» **PROBLEM**: Every line in the records below with the string "unfolding" is to be copied out.

--- START ---

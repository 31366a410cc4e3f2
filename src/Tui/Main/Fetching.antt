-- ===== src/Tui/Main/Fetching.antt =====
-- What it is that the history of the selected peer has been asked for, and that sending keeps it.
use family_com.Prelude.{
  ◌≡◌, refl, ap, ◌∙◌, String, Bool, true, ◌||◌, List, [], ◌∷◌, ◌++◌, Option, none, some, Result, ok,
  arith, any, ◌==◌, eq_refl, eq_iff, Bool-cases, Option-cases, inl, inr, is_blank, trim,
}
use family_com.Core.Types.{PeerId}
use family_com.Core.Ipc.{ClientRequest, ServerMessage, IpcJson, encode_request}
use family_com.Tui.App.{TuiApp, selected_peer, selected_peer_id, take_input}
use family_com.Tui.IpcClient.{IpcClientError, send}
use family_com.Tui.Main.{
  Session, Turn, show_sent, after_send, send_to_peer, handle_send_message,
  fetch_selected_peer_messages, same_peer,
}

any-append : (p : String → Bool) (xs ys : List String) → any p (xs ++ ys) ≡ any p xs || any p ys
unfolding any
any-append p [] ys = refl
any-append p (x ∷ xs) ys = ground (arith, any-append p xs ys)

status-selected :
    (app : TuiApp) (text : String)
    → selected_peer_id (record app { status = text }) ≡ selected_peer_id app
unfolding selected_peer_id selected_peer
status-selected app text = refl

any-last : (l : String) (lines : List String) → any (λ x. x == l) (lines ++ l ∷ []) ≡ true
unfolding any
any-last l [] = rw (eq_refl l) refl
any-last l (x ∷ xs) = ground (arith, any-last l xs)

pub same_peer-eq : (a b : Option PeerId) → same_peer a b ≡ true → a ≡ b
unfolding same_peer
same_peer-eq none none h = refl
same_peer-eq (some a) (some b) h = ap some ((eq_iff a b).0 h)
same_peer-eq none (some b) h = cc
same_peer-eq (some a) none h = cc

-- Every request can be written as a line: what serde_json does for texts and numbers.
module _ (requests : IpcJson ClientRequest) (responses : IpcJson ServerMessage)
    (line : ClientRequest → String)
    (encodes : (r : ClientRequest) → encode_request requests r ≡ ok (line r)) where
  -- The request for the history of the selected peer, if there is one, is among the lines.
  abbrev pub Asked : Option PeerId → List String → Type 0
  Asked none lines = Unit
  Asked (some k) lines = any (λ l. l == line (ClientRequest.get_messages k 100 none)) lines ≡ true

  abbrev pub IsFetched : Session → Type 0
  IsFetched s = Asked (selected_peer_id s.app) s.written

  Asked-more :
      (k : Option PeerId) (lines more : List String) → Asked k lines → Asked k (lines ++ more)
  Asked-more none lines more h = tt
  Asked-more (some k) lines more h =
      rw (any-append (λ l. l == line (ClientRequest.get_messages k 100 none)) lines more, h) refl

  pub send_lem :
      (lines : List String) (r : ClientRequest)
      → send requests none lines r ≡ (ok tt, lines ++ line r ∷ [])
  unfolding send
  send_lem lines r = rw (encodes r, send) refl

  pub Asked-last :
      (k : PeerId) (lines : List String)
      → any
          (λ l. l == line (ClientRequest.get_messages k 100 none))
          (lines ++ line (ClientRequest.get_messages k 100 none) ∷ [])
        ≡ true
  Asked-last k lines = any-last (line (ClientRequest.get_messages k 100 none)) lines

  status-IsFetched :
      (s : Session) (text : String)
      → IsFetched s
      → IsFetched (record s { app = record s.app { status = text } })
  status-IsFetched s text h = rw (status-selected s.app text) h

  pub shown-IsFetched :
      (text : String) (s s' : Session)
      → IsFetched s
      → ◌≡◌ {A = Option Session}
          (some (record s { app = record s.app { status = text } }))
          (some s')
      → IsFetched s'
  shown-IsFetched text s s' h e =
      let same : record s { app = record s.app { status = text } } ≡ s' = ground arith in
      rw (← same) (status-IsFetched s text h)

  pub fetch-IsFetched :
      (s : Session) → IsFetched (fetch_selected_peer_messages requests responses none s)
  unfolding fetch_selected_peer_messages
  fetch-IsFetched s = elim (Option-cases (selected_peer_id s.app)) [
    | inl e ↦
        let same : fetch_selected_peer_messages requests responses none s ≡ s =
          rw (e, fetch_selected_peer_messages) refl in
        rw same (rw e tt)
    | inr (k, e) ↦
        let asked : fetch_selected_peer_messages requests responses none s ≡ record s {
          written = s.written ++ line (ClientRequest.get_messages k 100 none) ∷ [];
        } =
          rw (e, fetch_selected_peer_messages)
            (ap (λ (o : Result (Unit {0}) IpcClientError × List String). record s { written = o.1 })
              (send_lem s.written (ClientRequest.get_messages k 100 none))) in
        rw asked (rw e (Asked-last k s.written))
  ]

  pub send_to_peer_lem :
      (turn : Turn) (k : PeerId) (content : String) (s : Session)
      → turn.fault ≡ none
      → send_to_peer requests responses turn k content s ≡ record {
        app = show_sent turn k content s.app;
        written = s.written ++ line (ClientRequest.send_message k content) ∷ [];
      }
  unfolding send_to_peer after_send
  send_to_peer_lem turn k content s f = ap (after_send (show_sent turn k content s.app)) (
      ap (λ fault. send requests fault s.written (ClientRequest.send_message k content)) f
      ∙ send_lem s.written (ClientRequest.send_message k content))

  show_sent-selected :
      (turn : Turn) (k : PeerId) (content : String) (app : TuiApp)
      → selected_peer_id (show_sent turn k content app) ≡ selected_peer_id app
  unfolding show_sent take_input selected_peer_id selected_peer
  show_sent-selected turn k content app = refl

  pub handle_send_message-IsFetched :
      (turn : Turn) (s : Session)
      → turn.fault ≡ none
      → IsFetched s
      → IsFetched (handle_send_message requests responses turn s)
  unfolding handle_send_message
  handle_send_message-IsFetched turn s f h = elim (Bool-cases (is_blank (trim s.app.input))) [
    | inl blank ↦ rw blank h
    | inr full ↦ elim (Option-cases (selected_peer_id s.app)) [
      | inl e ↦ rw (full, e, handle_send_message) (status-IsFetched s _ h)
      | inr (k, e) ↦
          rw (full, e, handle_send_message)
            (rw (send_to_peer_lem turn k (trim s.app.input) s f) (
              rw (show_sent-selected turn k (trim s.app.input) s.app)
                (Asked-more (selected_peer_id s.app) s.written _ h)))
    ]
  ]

--- END ---

» **RESPONSE**:
unfolding any
unfolding selected_peer_id selected_peer
unfolding any
unfolding same_peer
  unfolding send
  unfolding fetch_selected_peer_messages
  unfolding send_to_peer after_send
  unfolding show_sent take_input selected_peer_id selected_peer
  unfolding handle_send_message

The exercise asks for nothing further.